Brief
Only one stretch of the data below should be repeated: the lines from the line containing "-- than 2 ^" through the line containing "16 ≤ byte_limit", inclusive, exactly as they are.

Stored items
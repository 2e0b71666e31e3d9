-- ===== src/Acknowledgements/Fitting.antt =====
-- SiameseDecoder.cpp: the loss ranges fit their fields.
use tonk.Common.{ℕ, zero, suc, ◌+◌, ◌-◌, ◌^◌, ◌≤◌, ◌<◌, subst, sym, length, arith, All}
use native.Mathlib.Decide.{dec_lt}
use tonk.Decoder.{DecoderWindow, get_subwindow, find_next_lost, find_next_got}
use tonk.Decoder.Search.{IsCounted, find_next_lost-FirstFrom, find_next_got-FirstFrom}
use tonk.Encoder.Losses.Ranges.{Fits, range_field}
use tonk.Acknowledgements.Reported.{written, range_of}
use tonk.Acknowledgements.Steps.{written-none, written-last, written-range, written-behind}

module _ (window : DecoderWindow) (counts : (i : ℕ) → IsCounted (get_subwindow window i))
    (few : window.count < 2 ^ 22) where
  pub written-Fits :
      (fuel offset byte_limit : ℕ)
      → offset ≤ window.count
      → All Fits (written fuel window offset byte_limit)
  unfolding written
  written-Fits zero offset byte_limit h = tt
  written-Fits (suc fuel) offset byte_limit h = elim (dec_lt byte_limit 7) [
    | yes tight ↦ subst (All Fits) (sym (written-none window fuel offset byte_limit tight)) tt
    | no room ↦ elim (dec_lt (find_next_lost window offset) window.count) [
      | yes inside ↦
          let start = find_next_lost window offset in
          let range_end = find_next_got window (start + 1) in
          let lost = find_next_lost-FirstFrom window counts offset h in
          let got = find_next_got-FirstFrom window counts (start + 1) (omega (arith, inside)) in
          let left =
            byte_limit - length (range_field (range_of (start - offset) (range_end - start - 1))) in
          subst (All Fits)
            (sym (written-range window fuel offset byte_limit (omega (arith, room)) inside))
            (
              (omega (arith, few, lost.after), omega (arith, few, got.bounded)),
              elim (dec_lt range_end window.count) [
                | yes going ↦ written-Fits fuel (range_end + 1) left (omega (arith, going))
                | no ended ↦
                    subst (λ (k : ℕ). All Fits (written fuel window (k + 1) left))
                      {x = window.count} {y = range_end} (omega (arith, ended, got.bounded))
                      (subst (All Fits) (sym (written-behind window fuel left)) tt)
              ],
            )
      | no outside ↦
          subst (All Fits)
            (sym (
              written-last window fuel offset byte_limit (omega (arith, room)) h
                (omega (arith, outside))))
            ((omega arith, omega arith), tt)
    ]
  ]
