-- ===== src/Acknowledgements/Delivery.antt =====
-- SiameseDecoder.cpp and SiameseEncoder.cpp: the encoder sees the losses that the decoder knows.
use tonk.Common.{
  ℕ, suc, ◌+◌, ◌-◌, ◌*◌, ◌^◌, ◌≤◌, ◌<◌, ◌≡◌, refl, ap, ◌∙◌, sym, false, List, ◌++◌, some, length,
  length-append, arith, lt→not-leb, leb, ◌==◌, inl, ◌≢◌,
}
use mathlib.Core.List.{append-nil, map-append}
use tonk.Serializers
use tonk.Serializers.PacketNum.{packet_num_max, packet_num_roundtrip}
use tonk.Originals.{SiameseResult, success}
use tonk.Columns.{add_columns, subtract_columns, is_column_delta_negative}
use tonk.Decoder.{DecoderWindow, get_subwindow, element_to_column}
use tonk.Decoder.Search.{IsCounted}
use tonk.Decoder.Acknowledge.{bytes_left, generate_acknowledgement, loss_ranges}
use tonk.Encoder.Losses.Ranges.{LossRange, range_bytes, range_elements, columns_from}
use tonk.Encoder.Reading.{Acknowledgement, read_acknowledgement, read_ranges, reset_losses}
use tonk.Acknowledgements.{missing}
use tonk.Acknowledgements.Reported.{written, loss_ranges-written}
use tonk.Acknowledgements.Prefix.{Prefix, written-Prefix}
use tonk.Acknowledgements.Seen.{seen, with_ranges, read_acknowledgement-newer, seen-read_ranges}
use tonk.Acknowledgements.Fitting.{written-Fits}

module _ (window : DecoderWindow) (counts : (i : ℕ) → IsCounted (get_subwindow window i))
    (few : window.count < 2 ^ 22) where
  -- The message, and what its reader makes of it: it is not older than the one before, and is about
  -- another next column.
  module _ (ack : Acknowledgement) (byte_limit : ℕ) (enabled : window.emergency_disabled ≡ false)
      (unfinished : window.next_expected_element < window.count)
      (newer : is_column_delta_negative (
          subtract_columns
            (element_to_column window window.next_expected_element)
            ack.next_column_expected)
        ≡ false)
      (moved : ack.next_column_expected
        ≢ element_to_column window window.next_expected_element) where
    abbrev column : ℕ
    column = element_to_column window window.next_expected_element

    abbrev header : List ℕ
    header = Serializers.PacketNum.serialize_header column

    abbrev ranges : List LossRange
    ranges =
        written (suc window.count) window window.next_expected_element
          (bytes_left byte_limit (length header))

    generate_acknowledgement-ranges :
        generate_acknowledgement window byte_limit ≡ (success, header ++ range_bytes ranges)
    unfolding generate_acknowledgement
    generate_acknowledgement-ranges =
        with_ranges window.emergency_disabled (window.count == 0)
          (leb window.count window.next_expected_element) header
          (loss_ranges (suc window.count) window window.next_expected_element
            (bytes_left byte_limit (length header)))
          enabled some_count (lt→not-leb window.count window.next_expected_element unfinished)
        ∙ (ap (λ bytes. (success, header ++ bytes))
            (loss_ranges-written (suc window.count) window window.next_expected_element
              (bytes_left byte_limit (length header))))
      where
        positive : (n : ℕ) → 0 < n → (n == 0) ≡ false
        positive n h = ground arith

        some_count : (window.count == 0) ≡ false
        some_count = positive window.count (omega arith)

    column-eq : column ≡ add_columns window.next_expected_element window.column_start
    unfolding element_to_column
    column-eq = refl

    column-le : column ≤ packet_num_max
    unfolding element_to_column add_columns
    column-le = omega arith

    seen-ranges :
        (more : ℕ)
        → seen
            (length (range_elements window.next_expected_element ranges) + suc more)
            (read_acknowledgement ack (generate_acknowledgement window byte_limit).1)
          ≡ some (
            column,
            columns_from window.column_start (range_elements window.next_expected_element ranges),
          )
    seen-ranges more =
        let fuel = length (range_elements window.next_expected_element ranges) + suc more in
        ap (λ (answer : SiameseResult × List ℕ). seen fuel (read_acknowledgement ack answer.1))
          generate_acknowledgement-ranges
        ∙ (ap (seen fuel)
              (read_acknowledgement-newer ack column (range_bytes ranges) column-le newer moved)
            ∙ (ap
                  (λ (c : ℕ).
                    seen fuel
                      (read_ranges (reset_losses ack c (range_bytes ranges)) (range_bytes ranges)))
                  column-eq
                ∙ (seen-read_ranges more window.column_start window.next_expected_element ack ranges
                      (written-Fits window counts few (suc window.count)
                        window.next_expected_element (bytes_left byte_limit (length header))
                        (omega arith))
                    ∙ ap
                        (λ (c : ℕ). some (
                          c,
                          columns_from window.column_start
                              (range_elements window.next_expected_element ranges),
                        ))
                        (sym column-eq))))

    abbrev whole : List ℕ
    whole = missing window window.next_expected_element

    listed : Prefix (range_elements window.next_expected_element ranges) whole (
        7 * (window.count + 1 - window.next_expected_element)
        ≤ bytes_left byte_limit (length header))
    listed =
        written-Prefix window counts (suc window.count) window.next_expected_element
          (bytes_left byte_limit (length header)) (omega arith) (omega arith) (inl unfinished)

    seen-enough :
        (fuel : ℕ)
        → length whole < fuel
        → seen fuel (read_acknowledgement ack (generate_acknowledgement window byte_limit).1)
          ≡ some (
            column,
            columns_from window.column_start (range_elements window.next_expected_element ranges),
          )
    seen-enough fuel h =
        let elements = range_elements window.next_expected_element ranges in
        ap
          (λ (k : ℕ).
            seen k (read_acknowledgement ack (generate_acknowledgement window byte_limit).1))
          {y = length elements + suc (fuel - length elements - 1)}
          (omega (arith, h, ap length listed.split, length-append elements listed.rest))
        ∙ seen-ranges (fuel - length elements - 1)

    header-short : (n : ℕ) → length (Serializers.PacketNum.serialize_header n) ≤ 3
    unfolding Serializers.PacketNum.serialize_header
    header-short n = ground arith

    bytes_left-eq : (limit used : ℕ) → used ≤ limit → bytes_left limit used ≡ limit - used
    bytes_left-eq limit used h = ground arith

    -- The encoder takes the message, and the columns that its loss iterator gives are the first of those
    -- of the lost elements from the next expected one on, in order, with the end of the window after them unless
    -- the last element was lost, also where the buffer is too short for all of them. The buffer has the 16 bytes
    -- that the decoder asks for, the window is not disabled, lacks an element that is expected, has fewer
    -- than 2 ^ 22 elements and counts its received packets, and the message is newer than the one before.
    pub generate_acknowledgement-read_acknowledgement :
        (fuel : ℕ)
        → length (missing window window.next_expected_element) < fuel
        → 16 ≤ byte_limit
        → (columns : List ℕ) × (rest : List ℕ) × (seen fuel
              (read_acknowledgement ack (generate_acknowledgement window byte_limit).1)
            ≡ some (element_to_column window window.next_expected_element, columns))
          × (columns ++ rest
              ≡ columns_from window.column_start (missing window window.next_expected_element))
    generate_acknowledgement-read_acknowledgement fuel h enough =
        let elements = range_elements window.next_expected_element ranges in
        let view = λ (element : ℕ). add_columns element window.column_start in
        (
          columns_from window.column_start elements,
          columns_from window.column_start listed.rest,
          seen-enough fuel h,
          sym (map-append view elements listed.rest)
              ∙ ap (columns_from window.column_start) listed.split,
        )

    -- If the buffer has 7 bytes for each element of the window and for two more, the encoder takes the message,
    -- and its loss iterator gives exactly the columns of the lost elements from the next expected one on, in
    -- order, and then the end of the window, unless the last element was lost. The window is not
    -- disabled, lacks an element that is expected, has fewer than 2 ^ 22 elements and counts its received
    -- packets, and the message is newer than the one before.
    pub generate_acknowledgement-all_losses :
        (fuel : ℕ)
        → length (missing window window.next_expected_element) < fuel
        → 7 * (window.count + 2) ≤ byte_limit
        → seen fuel (read_acknowledgement ack (generate_acknowledgement window byte_limit).1)
          ≡ some (
            element_to_column window window.next_expected_element,
            columns_from window.column_start (missing window window.next_expected_element),
          )
    generate_acknowledgement-all_losses fuel h room =
        let elements = range_elements window.next_expected_element ranges in
        let left =
          bytes_left-eq byte_limit (length header) (omega (arith, room, header-short column)) in
        let nothing = listed.all (omega (arith, room, left, header-short column)) in
        seen-enough fuel h
        ∙ ap (λ (es : List ℕ). some (column, columns_from window.column_start es))
            (sym (append-nil elements)
              ∙ (ap (λ rest. elements ++ rest) (sym nothing) ∙ listed.split))
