-- ===== src/Decoder/Adding.antt =====
-- SiameseDecoder.cpp: how the window takes a received packet, and gives it back.
-- `AddOriginal` also tells two other components: it deletes recovery packets before an element, and
-- resets the checked region when that contains the new element. The outcome records both calls.
use tonk.Common.{
  ℕ, ◌+◌, ◌-◌, ◌/◌, ◌%◌, Bool, false, Option, none, some, List, [], ◌++◌, length, get_or, set,
  replicate, if◌then◌else◌, ltb, leb, ◌==◌, ◌&&◌,
}
use tonk.BitSet.{set_bit}
use tonk.Columns.{is_column_delta_negative, column_lane_count}
use tonk.Originals.{
  SiameseResult, SiamesePacket, OriginalPacket, no_packet, initialize_packet, load_original,
  success, need_more_data, duplicate_data, disabled,
}
use tonk.Decoder.{
  DecoderSubwindow, DecoderWindow, empty_subwindow, get_subwindow, subwindow_size,
  column_to_element, iterate_next_expected,
}

-- `GetWindowElement`
abbrev pub element_original : DecoderWindow → ℕ → OriginalPacket
element_original window element =
    get_or (get_subwindow window (element / subwindow_size)).originals (element % subwindow_size)
      no_packet

-- `GrowWindow`
unfoldable pub grow_window : DecoderWindow → ℕ → DecoderWindow
grow_window window element_end =
    let needed = (element_end + column_lane_count + subwindow_size - 1) / subwindow_size in
    let fresh = replicate (needed - length window.subwindows) empty_subwindow in
    record window {
      subwindows = window.subwindows ++ fresh;
      count = if ltb window.count element_end then element_end else window.count;
    }

-- A subwindow with a packet in one of its places.
unfoldable pub fill_place : DecoderSubwindow → ℕ → SiamesePacket → DecoderSubwindow
fill_place subwindow place packet = record {
  originals = set subwindow.originals place (initialize_packet packet);
  got = set_bit subwindow.got place;
  got_count = subwindow.got_count + 1;
}

abbrev pub fill_element : DecoderWindow → ℕ → SiamesePacket → DecoderWindow
fill_element window element packet =
    let i = element / subwindow_size in
    let filled = fill_place (get_subwindow window i) (element % subwindow_size) packet in
    record window { subwindows = set window.subwindows i filled }

-- What `AddOriginal` returns, the window, the argument of `DeletePacketsBefore` where it is called,
-- and whether the checked region is reset.
pub record AddOutcome : Type 0 where
  pub result : SiameseResult
  pub window : DecoderWindow
  pub delete_before : Option ℕ
  pub resets_checked : Bool

-- The end of `AddOriginal`: the next expected element and the other components.
unfoldable pub after_fill : DecoderWindow → ℕ → ℕ → ℕ → AddOutcome
after_fill window element checked_start next_check_start =
    let is_expected = element == window.next_expected_element in
    let onward = iterate_next_expected window (element + 1) in
    record {
      result = success;
      window = if is_expected then onward else window;
      delete_before = if is_expected then some onward.next_expected_element else none;
      resets_checked = leb checked_start element && ltb element next_check_start;
    }

abbrev pub unused : SiameseResult → DecoderWindow → AddOutcome
unused result window = record {
  result = result;
  window = window;
  delete_before = none;
  resets_checked = false;
}

-- `DecoderPacketWindow::AddOriginal`, with `ElementStart` and `NextCheckStart` of the checked region.
unfoldable pub add_original : DecoderWindow → SiamesePacket → ℕ → ℕ → AddOutcome
add_original window packet checked_start next_check_start =
    let element = column_to_element window packet.packet_num in
    let grown = grow_window window (element + 1) in
    let filled = fill_element grown element packet in
    let outcome = after_fill filled element checked_start next_check_start in
    if window.emergency_disabled
    then unused disabled window
    else if is_column_delta_negative element
    then unused duplicate_data window
    else if ltb 0 (length (element_original grown element).buffer)
    then unused duplicate_data grown
    else outcome

-- `Decoder::Get`, without its check in debug builds: the result and the data.
unfoldable pub get_original : DecoderWindow → ℕ → SiameseResult × List ℕ
get_original window packet_num =
    let element = column_to_element window packet_num in
    let original = element_original window element in
    if window.emergency_disabled
    then (disabled, [])
    else if leb window.count element
    then (need_more_data, [])
    else if length original.buffer == 0
    then (need_more_data, [])
    else (success, (load_original original).content)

Your solution
    -- than 2 ^ 22 elements and counts its received packets, and the message is newer than the one before.
    pub generate_acknowledgement-read_acknowledgement :
        (fuel : ℕ)
        → length (missing window window.next_expected_element) < fuel
        → 16 ≤ byte_limit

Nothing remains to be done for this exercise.